• Available data
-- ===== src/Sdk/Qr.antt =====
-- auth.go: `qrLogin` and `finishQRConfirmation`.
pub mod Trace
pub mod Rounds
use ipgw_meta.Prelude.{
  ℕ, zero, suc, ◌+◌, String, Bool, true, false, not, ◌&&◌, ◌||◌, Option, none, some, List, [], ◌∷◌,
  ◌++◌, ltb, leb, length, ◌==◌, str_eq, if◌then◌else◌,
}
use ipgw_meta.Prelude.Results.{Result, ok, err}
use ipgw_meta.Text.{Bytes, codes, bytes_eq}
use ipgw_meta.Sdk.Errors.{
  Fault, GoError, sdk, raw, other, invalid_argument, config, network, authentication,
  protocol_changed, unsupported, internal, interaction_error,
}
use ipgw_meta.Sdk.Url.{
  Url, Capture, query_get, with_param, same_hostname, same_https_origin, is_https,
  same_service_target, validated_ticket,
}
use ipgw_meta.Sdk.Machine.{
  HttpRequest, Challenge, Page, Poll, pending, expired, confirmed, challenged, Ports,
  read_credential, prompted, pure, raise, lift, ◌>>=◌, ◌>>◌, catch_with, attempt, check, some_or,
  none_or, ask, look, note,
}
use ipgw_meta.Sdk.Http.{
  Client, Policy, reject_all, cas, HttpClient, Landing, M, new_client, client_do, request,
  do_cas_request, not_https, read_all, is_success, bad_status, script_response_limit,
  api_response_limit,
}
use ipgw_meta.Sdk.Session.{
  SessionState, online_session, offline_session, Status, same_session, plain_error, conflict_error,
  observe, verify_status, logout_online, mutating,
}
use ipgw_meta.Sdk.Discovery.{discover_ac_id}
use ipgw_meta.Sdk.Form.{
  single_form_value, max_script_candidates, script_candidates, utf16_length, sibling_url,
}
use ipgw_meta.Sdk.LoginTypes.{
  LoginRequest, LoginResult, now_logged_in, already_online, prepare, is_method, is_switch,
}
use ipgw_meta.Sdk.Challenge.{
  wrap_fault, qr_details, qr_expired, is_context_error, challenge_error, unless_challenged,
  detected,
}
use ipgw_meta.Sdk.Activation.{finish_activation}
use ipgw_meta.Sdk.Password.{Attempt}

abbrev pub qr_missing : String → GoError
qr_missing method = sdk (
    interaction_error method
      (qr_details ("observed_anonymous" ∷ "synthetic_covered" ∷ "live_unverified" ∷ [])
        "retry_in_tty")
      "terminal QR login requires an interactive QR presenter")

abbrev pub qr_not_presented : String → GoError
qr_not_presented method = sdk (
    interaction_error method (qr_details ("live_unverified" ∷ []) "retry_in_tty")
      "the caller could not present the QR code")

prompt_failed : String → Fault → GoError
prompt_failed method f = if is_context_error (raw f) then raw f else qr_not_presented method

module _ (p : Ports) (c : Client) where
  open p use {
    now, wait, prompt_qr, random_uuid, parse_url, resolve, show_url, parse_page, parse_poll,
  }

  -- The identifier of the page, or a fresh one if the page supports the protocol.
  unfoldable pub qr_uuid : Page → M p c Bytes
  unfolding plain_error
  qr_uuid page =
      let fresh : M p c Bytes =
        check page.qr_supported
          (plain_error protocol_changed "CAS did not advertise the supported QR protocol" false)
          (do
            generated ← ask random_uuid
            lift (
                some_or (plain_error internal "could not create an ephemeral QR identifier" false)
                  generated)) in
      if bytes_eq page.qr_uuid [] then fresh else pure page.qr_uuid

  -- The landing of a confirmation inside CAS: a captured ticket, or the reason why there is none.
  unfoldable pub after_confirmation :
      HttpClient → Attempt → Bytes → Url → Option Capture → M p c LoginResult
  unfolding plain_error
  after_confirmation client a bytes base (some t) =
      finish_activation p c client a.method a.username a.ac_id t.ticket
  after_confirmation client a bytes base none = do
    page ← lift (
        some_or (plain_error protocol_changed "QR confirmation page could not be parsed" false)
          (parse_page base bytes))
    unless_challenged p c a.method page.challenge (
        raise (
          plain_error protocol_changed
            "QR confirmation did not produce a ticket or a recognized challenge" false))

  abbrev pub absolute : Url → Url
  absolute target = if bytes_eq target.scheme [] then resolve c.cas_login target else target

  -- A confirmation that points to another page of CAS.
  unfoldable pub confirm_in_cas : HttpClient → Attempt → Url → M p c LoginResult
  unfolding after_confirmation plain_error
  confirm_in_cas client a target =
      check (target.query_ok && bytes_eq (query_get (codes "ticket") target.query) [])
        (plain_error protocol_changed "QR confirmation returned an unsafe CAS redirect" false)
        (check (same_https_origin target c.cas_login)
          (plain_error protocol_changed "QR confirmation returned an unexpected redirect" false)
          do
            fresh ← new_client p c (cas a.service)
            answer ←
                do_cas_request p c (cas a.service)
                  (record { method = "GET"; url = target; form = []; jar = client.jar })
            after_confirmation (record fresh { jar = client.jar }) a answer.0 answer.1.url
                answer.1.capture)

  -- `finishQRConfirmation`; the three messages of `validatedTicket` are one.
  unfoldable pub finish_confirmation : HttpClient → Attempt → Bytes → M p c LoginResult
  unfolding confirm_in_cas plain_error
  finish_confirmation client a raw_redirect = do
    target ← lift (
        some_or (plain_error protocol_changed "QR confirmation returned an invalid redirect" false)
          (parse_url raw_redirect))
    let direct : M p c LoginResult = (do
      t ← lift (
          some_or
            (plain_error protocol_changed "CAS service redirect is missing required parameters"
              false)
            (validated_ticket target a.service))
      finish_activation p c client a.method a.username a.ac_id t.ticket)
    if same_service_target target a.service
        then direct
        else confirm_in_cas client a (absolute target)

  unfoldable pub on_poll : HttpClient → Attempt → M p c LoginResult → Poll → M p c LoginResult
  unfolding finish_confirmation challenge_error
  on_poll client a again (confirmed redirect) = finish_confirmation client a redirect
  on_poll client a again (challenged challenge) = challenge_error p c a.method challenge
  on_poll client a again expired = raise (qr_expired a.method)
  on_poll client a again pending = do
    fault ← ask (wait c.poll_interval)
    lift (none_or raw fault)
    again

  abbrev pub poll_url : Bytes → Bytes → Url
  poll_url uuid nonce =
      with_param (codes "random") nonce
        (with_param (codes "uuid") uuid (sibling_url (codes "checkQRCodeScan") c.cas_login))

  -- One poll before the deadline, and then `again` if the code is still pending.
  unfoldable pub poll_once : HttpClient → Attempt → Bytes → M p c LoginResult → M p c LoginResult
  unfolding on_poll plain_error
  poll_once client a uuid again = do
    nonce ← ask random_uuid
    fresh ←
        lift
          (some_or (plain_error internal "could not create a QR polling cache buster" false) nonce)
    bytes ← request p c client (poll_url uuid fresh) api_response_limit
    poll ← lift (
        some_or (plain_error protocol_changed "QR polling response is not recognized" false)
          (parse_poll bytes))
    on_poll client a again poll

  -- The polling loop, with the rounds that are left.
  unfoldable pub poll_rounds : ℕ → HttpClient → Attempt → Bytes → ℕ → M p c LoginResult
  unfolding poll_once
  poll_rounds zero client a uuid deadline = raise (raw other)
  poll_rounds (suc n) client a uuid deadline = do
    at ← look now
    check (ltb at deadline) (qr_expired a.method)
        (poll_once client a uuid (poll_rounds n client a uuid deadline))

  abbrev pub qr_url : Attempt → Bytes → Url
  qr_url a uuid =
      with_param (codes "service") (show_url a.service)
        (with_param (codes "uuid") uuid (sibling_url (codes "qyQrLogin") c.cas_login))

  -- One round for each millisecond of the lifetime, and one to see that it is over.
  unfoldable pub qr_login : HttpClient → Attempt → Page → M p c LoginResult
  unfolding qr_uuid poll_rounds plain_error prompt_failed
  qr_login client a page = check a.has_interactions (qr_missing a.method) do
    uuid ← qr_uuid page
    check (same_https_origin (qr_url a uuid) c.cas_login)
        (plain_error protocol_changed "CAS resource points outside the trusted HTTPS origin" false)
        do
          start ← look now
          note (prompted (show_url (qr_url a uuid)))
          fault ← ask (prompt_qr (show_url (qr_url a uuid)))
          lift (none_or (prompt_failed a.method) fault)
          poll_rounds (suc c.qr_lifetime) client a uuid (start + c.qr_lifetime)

...

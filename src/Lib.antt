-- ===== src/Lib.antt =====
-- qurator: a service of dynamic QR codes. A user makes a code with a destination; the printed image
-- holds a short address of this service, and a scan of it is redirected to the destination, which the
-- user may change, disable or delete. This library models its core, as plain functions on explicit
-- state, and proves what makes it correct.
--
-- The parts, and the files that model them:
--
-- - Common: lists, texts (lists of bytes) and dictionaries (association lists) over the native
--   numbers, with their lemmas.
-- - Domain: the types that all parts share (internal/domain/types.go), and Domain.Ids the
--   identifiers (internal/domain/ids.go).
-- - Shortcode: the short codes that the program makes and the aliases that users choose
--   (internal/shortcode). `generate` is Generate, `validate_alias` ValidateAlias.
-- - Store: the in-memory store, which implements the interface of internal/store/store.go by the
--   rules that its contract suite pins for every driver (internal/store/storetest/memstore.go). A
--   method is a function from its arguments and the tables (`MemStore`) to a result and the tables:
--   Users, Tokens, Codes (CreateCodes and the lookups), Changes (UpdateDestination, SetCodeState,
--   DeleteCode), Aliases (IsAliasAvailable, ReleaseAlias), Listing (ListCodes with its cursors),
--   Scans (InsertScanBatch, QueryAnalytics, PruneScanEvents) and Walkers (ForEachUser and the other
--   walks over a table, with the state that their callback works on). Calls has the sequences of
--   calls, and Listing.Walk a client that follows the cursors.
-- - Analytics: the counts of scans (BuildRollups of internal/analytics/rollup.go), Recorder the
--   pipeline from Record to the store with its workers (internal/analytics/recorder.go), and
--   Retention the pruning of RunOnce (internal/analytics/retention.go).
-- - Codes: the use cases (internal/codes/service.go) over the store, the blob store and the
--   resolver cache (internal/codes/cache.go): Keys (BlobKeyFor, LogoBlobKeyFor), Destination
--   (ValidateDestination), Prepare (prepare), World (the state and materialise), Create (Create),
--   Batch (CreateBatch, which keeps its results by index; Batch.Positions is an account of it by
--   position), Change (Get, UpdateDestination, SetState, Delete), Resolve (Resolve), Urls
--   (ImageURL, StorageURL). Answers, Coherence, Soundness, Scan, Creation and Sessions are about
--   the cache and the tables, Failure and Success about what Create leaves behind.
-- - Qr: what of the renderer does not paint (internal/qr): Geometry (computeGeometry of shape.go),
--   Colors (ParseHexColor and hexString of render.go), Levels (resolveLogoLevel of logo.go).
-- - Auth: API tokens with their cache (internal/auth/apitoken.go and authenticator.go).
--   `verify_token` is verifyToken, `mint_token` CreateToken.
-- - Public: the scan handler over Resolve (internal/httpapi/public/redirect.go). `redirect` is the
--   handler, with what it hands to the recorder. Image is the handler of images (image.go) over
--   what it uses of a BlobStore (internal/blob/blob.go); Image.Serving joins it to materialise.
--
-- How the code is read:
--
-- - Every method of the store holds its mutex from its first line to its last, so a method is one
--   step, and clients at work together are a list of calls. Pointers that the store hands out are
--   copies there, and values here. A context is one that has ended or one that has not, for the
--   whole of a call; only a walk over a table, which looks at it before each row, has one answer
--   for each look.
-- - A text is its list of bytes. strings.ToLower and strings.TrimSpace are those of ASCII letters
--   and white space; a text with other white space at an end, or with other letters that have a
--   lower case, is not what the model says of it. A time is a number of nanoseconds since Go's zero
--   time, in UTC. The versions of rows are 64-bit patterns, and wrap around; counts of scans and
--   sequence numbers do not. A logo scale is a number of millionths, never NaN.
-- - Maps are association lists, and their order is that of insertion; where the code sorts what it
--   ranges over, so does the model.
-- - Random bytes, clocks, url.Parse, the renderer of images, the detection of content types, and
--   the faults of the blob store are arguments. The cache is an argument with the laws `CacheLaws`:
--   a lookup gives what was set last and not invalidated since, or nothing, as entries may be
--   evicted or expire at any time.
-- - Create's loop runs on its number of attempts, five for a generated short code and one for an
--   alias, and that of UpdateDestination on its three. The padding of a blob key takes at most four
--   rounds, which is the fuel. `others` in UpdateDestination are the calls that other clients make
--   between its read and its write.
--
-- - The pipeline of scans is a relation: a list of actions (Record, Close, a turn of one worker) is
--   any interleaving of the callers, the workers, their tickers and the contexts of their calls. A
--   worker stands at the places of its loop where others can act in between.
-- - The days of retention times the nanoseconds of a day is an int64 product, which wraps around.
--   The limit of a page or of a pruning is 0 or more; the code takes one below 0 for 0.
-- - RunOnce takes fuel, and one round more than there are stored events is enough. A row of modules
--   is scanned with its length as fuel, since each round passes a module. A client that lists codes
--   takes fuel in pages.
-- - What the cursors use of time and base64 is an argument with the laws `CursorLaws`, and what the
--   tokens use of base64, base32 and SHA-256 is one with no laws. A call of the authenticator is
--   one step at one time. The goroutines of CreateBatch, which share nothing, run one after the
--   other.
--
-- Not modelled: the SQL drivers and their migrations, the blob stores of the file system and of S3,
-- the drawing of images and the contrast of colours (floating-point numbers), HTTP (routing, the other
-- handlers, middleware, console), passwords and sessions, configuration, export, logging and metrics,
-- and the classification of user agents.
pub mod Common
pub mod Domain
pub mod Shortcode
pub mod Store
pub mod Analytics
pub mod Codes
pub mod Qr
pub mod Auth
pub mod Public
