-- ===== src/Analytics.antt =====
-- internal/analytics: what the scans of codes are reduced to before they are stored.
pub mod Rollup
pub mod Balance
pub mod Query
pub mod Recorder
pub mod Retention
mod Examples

• Work to complete
Find the line with "-- state, and proves what makes it correct." in the entries above. Retype it and each line after it, exactly, through the line with "with their lemmas.", and stop there.

• Finished exercise
-- state, and proves what makes it correct.
--
-- The parts, and the files that model them:
--
-- - Common: lists, texts (lists of bytes) and dictionaries (association lists) over the native
--   numbers, with their lemmas.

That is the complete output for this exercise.